■ **Work request**
When a line of the entries contains the word "kept", report that line.

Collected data
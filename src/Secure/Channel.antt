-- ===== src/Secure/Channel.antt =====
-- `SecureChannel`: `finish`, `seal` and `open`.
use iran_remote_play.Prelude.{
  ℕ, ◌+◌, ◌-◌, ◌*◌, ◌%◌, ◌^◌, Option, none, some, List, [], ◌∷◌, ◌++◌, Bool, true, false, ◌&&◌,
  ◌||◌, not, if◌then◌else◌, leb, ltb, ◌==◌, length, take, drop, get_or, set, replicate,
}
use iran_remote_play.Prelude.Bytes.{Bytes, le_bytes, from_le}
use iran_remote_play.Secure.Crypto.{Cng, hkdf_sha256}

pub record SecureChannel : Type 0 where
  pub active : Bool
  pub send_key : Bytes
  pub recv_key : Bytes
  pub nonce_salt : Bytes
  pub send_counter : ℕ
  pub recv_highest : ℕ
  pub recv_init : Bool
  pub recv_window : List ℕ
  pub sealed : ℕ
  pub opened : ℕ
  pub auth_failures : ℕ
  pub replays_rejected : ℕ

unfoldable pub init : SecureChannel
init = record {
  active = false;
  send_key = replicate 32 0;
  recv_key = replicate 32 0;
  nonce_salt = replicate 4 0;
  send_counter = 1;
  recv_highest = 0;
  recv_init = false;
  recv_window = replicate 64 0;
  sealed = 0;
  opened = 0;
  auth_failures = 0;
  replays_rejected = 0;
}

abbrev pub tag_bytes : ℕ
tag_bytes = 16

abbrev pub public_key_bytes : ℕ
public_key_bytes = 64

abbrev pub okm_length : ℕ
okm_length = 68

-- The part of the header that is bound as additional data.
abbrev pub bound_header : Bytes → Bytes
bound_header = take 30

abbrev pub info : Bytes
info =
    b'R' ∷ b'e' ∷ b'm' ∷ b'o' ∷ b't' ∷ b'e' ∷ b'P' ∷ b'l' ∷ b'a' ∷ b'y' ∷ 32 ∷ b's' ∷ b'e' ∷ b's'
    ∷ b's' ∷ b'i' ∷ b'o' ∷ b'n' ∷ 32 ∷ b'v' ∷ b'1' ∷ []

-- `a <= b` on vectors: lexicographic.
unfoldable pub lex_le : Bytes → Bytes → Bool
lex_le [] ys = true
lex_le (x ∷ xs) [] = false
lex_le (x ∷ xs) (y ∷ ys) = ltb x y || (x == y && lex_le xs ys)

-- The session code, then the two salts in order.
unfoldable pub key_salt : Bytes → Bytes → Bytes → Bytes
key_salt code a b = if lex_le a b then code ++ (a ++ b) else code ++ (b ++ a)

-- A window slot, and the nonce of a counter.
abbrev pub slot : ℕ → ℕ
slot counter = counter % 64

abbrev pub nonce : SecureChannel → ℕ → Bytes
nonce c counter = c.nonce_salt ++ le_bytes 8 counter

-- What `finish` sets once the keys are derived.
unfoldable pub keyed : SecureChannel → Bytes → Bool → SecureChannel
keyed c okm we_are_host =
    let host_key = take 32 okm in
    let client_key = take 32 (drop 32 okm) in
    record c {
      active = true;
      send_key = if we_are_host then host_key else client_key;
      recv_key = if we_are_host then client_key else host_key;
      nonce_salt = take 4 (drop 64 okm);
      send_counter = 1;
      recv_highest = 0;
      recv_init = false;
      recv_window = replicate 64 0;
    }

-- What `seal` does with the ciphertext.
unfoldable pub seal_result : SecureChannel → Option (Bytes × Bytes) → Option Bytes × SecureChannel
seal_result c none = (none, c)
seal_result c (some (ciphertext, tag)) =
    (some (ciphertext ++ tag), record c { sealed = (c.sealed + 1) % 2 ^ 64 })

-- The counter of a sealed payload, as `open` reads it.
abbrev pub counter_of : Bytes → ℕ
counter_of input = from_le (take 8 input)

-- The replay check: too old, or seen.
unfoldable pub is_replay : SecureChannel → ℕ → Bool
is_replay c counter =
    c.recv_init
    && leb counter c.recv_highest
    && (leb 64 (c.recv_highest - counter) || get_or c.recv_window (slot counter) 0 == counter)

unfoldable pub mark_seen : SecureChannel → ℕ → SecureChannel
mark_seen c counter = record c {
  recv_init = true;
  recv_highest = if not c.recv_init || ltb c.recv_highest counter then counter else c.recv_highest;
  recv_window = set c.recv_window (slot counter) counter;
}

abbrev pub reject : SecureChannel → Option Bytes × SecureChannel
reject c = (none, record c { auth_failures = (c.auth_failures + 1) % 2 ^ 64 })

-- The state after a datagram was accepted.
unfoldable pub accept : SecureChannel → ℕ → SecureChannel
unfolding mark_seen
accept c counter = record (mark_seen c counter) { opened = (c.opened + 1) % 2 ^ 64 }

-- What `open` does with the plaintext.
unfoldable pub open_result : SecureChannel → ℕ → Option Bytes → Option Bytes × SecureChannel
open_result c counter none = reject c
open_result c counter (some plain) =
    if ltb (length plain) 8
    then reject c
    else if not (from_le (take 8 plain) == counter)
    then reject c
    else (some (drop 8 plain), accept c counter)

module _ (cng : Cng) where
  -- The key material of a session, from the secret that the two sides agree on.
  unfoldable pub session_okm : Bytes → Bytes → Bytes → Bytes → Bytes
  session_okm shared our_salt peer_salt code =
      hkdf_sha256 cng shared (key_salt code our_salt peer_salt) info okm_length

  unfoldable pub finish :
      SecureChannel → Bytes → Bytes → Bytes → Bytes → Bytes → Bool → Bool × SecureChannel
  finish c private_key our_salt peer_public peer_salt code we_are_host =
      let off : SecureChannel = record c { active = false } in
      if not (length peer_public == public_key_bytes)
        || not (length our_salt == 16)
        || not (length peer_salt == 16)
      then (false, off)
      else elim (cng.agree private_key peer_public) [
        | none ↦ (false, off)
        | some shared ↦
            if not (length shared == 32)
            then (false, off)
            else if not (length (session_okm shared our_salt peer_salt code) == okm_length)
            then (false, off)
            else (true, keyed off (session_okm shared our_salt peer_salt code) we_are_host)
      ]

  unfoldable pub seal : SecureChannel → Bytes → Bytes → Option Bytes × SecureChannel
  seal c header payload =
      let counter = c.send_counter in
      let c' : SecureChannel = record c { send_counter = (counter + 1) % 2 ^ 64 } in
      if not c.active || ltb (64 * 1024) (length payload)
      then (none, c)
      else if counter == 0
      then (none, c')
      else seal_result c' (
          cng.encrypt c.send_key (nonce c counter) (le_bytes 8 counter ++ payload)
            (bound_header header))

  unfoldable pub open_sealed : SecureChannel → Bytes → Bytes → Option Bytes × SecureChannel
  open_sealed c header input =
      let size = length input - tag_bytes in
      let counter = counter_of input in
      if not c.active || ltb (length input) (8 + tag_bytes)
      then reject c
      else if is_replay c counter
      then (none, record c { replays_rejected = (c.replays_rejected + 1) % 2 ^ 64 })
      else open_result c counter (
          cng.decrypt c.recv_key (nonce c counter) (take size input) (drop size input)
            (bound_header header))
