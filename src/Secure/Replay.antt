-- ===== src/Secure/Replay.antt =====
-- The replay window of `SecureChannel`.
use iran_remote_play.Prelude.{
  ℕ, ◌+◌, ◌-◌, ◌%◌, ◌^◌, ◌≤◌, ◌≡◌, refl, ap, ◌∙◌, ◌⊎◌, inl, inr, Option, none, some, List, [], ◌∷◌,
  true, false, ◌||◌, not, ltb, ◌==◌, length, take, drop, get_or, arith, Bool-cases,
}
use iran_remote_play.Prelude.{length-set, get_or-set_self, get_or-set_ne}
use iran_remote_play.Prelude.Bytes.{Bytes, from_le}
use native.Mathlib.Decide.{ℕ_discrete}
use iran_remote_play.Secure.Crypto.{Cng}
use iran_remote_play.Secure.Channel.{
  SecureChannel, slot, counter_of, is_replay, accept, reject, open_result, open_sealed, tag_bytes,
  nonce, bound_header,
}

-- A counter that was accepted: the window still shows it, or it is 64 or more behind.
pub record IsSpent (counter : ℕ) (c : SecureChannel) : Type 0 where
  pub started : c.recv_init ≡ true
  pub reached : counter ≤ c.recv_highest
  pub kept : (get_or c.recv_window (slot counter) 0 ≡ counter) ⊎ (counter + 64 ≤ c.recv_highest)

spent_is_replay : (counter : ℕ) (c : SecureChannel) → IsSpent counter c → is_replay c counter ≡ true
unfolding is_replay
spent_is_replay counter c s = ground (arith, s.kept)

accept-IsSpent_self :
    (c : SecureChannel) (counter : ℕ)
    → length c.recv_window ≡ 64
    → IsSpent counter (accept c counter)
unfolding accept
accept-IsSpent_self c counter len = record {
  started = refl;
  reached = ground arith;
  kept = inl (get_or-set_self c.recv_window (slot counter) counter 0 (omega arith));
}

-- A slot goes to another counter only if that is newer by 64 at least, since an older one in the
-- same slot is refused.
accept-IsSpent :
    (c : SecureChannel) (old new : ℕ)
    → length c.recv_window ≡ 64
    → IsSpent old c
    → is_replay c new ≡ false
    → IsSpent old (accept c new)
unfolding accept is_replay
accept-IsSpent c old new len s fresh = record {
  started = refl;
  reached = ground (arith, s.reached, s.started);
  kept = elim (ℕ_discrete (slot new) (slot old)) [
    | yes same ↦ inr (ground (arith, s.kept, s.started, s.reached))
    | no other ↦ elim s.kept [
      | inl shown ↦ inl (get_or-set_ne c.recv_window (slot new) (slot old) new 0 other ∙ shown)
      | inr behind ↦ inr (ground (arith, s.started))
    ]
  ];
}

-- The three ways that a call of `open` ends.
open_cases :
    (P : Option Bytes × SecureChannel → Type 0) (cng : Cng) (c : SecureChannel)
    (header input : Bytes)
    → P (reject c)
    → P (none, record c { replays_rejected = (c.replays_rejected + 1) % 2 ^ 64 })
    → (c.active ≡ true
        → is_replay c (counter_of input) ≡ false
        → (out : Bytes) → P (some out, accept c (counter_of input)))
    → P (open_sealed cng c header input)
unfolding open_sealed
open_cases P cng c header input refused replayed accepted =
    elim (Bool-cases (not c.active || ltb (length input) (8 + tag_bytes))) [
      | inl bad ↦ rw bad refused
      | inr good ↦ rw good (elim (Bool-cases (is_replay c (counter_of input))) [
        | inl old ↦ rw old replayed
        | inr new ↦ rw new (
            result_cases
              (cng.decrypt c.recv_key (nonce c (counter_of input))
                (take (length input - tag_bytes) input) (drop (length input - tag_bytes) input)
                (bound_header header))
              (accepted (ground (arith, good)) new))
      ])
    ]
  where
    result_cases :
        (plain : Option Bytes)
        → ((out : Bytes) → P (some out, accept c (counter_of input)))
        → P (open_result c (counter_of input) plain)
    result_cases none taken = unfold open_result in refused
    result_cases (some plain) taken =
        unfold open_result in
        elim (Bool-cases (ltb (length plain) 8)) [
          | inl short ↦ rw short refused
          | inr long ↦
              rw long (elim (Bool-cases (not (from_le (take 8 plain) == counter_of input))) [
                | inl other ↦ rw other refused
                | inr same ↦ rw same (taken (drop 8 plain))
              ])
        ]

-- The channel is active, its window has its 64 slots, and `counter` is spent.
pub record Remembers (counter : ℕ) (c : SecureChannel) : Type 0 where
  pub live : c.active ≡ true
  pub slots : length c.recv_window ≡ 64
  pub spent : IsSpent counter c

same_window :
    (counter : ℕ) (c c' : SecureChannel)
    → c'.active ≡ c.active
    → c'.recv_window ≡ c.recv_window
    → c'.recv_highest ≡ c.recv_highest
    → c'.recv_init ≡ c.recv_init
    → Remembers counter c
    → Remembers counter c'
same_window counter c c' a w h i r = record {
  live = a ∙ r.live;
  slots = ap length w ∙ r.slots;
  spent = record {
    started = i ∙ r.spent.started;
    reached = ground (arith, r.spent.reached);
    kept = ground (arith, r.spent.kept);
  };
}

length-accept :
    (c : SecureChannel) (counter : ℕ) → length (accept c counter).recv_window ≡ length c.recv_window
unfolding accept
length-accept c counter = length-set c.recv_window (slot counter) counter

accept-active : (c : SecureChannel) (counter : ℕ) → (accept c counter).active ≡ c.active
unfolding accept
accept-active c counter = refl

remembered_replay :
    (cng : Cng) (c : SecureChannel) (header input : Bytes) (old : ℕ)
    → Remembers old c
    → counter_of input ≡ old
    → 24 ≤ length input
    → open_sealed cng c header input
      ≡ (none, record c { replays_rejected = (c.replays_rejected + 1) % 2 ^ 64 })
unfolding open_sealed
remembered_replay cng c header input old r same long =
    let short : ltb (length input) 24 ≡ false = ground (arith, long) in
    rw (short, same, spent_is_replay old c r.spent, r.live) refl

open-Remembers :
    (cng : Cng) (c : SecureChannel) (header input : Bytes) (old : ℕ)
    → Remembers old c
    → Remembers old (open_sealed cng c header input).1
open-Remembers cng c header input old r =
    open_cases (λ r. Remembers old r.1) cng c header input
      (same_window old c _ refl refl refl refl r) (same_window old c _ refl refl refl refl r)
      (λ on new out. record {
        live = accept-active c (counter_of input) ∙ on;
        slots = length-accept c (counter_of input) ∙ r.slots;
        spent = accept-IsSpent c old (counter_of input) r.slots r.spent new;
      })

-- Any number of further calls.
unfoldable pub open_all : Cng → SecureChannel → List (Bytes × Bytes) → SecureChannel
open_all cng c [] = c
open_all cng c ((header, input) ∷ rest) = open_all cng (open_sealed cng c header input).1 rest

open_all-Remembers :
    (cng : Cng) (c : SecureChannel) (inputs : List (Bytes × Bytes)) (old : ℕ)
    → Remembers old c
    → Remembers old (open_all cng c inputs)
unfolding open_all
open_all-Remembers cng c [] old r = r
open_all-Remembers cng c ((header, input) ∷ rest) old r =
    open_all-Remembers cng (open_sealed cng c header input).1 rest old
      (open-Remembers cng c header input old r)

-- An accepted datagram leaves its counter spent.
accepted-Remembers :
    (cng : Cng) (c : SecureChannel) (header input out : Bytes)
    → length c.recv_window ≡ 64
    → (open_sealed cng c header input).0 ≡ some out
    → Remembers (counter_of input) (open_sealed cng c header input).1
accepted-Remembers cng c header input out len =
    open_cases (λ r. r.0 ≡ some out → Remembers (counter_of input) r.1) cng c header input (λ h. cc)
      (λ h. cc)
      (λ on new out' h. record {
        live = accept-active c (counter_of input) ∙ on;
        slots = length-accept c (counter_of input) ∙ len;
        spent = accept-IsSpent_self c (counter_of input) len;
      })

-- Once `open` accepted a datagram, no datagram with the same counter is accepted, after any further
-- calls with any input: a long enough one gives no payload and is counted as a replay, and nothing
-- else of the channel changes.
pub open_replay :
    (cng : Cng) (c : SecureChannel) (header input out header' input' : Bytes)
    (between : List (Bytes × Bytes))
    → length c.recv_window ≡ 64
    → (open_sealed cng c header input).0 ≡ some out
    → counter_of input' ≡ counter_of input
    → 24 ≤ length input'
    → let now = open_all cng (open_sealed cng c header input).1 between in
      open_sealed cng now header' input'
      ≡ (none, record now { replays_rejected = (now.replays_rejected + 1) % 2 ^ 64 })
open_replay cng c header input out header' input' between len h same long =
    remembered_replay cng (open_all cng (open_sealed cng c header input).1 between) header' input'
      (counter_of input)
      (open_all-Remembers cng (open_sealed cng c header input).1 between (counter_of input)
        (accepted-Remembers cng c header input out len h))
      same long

■ **Your solution**
  pub kept : (get_or c.recv_window (slot counter) 0 ≡ counter) ⊎ (counter + 64 ≤ c.recv_highest)
spent_is_replay counter c s = ground (arith, s.kept)
  kept = inl (get_or-set_self c.recv_window (slot counter) counter 0 (omega arith));
  kept = elim (ℕ_discrete (slot new) (slot old)) [
    | yes same ↦ inr (ground (arith, s.kept, s.started, s.reached))
    | no other ↦ elim s.kept [
    kept = ground (arith, r.spent.kept);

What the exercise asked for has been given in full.